[Requirement]:
Scan the records and identify every line in which the string "reset" occurs, then return those lines.
--- The data ---
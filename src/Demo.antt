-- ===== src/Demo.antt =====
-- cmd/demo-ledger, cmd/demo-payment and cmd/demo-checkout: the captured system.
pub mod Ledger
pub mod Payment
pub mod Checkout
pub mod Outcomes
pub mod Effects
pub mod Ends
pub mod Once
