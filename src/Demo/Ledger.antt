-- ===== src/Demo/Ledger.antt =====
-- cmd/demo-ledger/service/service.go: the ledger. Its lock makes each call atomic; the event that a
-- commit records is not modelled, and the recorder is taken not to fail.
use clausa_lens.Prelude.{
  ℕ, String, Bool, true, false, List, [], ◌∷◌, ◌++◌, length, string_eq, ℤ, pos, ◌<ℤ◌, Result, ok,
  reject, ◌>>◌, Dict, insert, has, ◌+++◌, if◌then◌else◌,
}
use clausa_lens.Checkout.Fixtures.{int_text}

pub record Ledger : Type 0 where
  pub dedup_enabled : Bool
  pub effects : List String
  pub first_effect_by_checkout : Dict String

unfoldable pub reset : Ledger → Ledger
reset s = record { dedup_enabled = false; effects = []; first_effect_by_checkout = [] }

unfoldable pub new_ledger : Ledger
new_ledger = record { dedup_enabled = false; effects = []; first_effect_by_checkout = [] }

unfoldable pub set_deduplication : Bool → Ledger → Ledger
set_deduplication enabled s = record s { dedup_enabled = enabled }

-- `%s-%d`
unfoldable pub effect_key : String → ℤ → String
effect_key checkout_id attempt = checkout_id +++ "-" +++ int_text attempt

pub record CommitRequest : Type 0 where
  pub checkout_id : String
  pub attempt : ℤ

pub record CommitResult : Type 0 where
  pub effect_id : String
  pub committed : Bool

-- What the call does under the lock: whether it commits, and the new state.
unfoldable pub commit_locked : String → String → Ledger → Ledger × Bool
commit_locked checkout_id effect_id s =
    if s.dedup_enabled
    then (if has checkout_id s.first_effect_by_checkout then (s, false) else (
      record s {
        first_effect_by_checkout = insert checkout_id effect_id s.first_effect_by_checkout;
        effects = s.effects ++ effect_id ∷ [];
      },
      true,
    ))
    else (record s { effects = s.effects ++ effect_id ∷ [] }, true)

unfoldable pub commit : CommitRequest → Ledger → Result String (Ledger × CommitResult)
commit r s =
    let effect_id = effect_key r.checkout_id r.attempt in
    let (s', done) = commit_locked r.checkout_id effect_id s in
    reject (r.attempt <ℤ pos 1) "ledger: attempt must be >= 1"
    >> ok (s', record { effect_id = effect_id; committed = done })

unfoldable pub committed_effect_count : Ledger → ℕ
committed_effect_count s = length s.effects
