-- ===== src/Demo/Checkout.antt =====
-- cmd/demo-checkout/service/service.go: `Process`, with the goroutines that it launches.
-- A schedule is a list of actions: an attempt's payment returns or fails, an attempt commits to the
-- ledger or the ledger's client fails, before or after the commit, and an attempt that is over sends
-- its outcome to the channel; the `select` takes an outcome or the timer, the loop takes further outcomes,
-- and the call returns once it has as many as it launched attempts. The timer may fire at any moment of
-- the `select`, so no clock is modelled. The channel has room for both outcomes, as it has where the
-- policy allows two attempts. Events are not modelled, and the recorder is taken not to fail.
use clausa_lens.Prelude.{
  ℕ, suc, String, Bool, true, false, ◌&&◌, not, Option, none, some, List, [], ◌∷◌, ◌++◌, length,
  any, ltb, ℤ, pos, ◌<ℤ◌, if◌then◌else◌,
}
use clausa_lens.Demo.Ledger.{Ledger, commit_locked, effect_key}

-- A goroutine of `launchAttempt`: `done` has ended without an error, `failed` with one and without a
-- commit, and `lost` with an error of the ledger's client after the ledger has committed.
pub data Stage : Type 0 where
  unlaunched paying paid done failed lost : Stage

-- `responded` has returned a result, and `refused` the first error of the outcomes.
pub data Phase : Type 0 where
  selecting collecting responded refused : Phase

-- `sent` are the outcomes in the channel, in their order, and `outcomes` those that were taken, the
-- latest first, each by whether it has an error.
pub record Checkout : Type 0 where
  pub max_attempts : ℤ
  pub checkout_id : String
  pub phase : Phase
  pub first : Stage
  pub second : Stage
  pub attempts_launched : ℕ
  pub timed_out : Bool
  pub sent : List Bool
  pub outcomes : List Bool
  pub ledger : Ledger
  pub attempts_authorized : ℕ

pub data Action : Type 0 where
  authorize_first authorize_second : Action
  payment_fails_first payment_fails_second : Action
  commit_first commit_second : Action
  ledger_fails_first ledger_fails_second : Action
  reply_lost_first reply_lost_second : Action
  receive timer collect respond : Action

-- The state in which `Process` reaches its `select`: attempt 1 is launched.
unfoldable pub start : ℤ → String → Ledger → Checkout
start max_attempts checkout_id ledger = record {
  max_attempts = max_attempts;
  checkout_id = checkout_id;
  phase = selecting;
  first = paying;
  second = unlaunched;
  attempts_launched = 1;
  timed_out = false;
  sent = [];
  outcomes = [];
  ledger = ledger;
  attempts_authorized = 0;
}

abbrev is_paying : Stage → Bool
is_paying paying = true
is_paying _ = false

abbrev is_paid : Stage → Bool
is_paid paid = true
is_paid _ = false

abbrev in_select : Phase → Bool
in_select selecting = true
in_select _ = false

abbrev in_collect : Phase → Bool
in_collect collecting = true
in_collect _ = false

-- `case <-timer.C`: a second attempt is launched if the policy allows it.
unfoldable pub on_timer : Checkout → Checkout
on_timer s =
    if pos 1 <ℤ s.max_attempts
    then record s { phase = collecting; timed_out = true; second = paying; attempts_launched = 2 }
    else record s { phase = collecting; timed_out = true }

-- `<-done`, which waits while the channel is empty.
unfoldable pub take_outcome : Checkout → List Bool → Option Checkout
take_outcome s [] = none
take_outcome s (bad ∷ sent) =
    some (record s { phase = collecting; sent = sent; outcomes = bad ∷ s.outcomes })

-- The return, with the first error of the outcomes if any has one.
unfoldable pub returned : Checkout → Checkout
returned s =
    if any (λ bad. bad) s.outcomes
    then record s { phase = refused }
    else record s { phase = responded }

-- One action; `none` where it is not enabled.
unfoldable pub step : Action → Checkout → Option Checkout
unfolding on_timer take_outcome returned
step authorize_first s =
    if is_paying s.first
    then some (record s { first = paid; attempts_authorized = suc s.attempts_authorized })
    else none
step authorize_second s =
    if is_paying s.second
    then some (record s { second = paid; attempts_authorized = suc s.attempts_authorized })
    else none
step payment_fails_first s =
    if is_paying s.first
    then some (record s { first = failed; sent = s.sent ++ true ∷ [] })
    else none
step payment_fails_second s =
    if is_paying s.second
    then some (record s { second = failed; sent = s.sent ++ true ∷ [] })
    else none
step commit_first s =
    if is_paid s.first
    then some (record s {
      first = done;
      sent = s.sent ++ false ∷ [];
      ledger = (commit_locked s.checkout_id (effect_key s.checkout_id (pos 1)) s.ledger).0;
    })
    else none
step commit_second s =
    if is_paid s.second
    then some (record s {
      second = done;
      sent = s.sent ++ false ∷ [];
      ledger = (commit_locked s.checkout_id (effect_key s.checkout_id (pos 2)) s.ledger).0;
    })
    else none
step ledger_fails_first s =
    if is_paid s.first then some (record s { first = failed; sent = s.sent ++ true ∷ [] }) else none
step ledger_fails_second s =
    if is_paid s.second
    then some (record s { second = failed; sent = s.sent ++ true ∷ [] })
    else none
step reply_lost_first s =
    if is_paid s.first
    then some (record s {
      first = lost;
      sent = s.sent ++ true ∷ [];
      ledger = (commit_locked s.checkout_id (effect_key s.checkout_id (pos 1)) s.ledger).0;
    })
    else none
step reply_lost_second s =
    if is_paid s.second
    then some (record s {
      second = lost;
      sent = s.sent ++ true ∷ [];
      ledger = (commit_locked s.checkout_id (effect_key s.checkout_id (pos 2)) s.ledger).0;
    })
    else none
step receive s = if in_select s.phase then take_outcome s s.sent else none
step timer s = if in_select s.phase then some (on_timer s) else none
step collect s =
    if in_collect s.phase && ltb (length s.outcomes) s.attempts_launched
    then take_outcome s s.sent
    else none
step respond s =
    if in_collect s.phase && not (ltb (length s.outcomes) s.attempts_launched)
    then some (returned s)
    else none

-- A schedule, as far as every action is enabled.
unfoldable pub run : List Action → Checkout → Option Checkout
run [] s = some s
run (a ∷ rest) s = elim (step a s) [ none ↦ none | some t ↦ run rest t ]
---
[Solution for this exercise]:
unfoldable pub reset : Ledger → Ledger
reset s = record { dedup_enabled = false; effects = []; first_effect_by_checkout = [] }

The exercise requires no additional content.